Herfabomber: "What part of 'Reign of Terror' do you not understand, Geezer?....giving them advanced warning takes all the fun out of it."

Pinhead Jr.: "Not for me this time, Pops..I want this dude to know what's headed his way...

9405 5036 9930 0455 1623 07"

Herfabomber: "Nothing else to add, Junior?"

Pinhead Jr.: "Now that ya mention it, Pops.....FORE!!!!!!!"

Herfabomber: "Nice touch, Junior...MUWAHAHAHAHAHAHAHAHAHAHA"

Pinhead Jr.: "AAAAAAAAAAAAAAAAAHAHAHAHAHAHAHAHAHAHA


----------



## gosh (Oct 17, 2011)

Meanwhile, behind the facade of this innocent looking book store...

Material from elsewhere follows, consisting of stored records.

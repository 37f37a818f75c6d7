-- ===== src/Vm/Cpu/Quiet.antt =====
-- What a memory access leaves alone in the CPU: the registers and the program counter always, and
-- the reservation too unless it is a store that succeeds.
use vanadium.Prelude.{ℕ, ◌≡◌, Outcome, ok, err, panic, arith}
use vanadium.Vm.Memory.{PagedMemory}
use vanadium.Vm.Cpu.{Cpu, Access, read, write, after_store, on_stack, on_data, on_code}

-- `c` has the registers and the program counter of `c0`.
pub record HasRegisters {M : Type 0} (c0 c : Cpu M) : Type 0 where
  pub same_regs : c.regs ≡ c0.regs
  pub same_pc : c.pc ≡ c0.pc

pub record IsUntouched {M : Type 0} (c0 c : Cpu M) : Type 0 where
  pub registers : HasRegisters c0 c
  pub same_reservation : c.reservation_addr ≡ c0.reservation_addr

-- The result of a step that touches the reservation only if it succeeds.
abbrev pub IsStore : {M F A : Type 0} → Cpu M → Outcome F A × Cpu M → Type 0
IsStore c0 (ok a, c) = HasRegisters c0 c
IsStore c0 (err e, c) = IsUntouched c0 c
IsStore c0 (panic, c) = IsUntouched c0 c

module _ (P : PagedMemory) (E : Type 0) (c0 c : Cpu P.Memory) (u : IsUntouched c0 c) where
  module _ {A : Type 0} (access : ℕ → Access P E A) (a : ℕ) where
    pub read-IsUntouched : IsUntouched c0 (read P E access a c).1
    unfolding read on_stack on_data on_code
    read-IsUntouched = ground arith

  pub write-IsStore :
      (width : ℕ) (access : ℕ → ℕ → Access P E (Unit {0})) (a v : ℕ)
      → IsStore c0 (write P E width access a v c)
  unfolding write after_store on_stack on_data
  write-IsStore width access a v = ground arith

YAY Pinhead is going to stab someone again!


----------



## TommyTree (Jan 7, 2012)

At least we'll know one of these is actually from the Herfabomber.


----------



## priorwomanmarine (Nov 3, 2011)

I love devastation and destruction...let em fly


----------



## Danfish98 (Jun 5, 2011)

LOVE the new avatar Linda!


----------



## priorwomanmarine (Nov 3, 2011)

Thank you, Daniel did an awesome job on it...what a great son.


Danfish98 said:


> LOVE the new avatar Linda!


----------



## max gas (Apr 11, 2011)

opcorn: F their mail box up Pete. opcorn:


----------



## kapathy (Nov 20, 2010)

grumble...... pinhead was taking lots of notes last night.


----------



## the_brain (May 1, 2011)

priorwomanmarine said:


> Thank you, Daniel did an awesome job on it...what a great son.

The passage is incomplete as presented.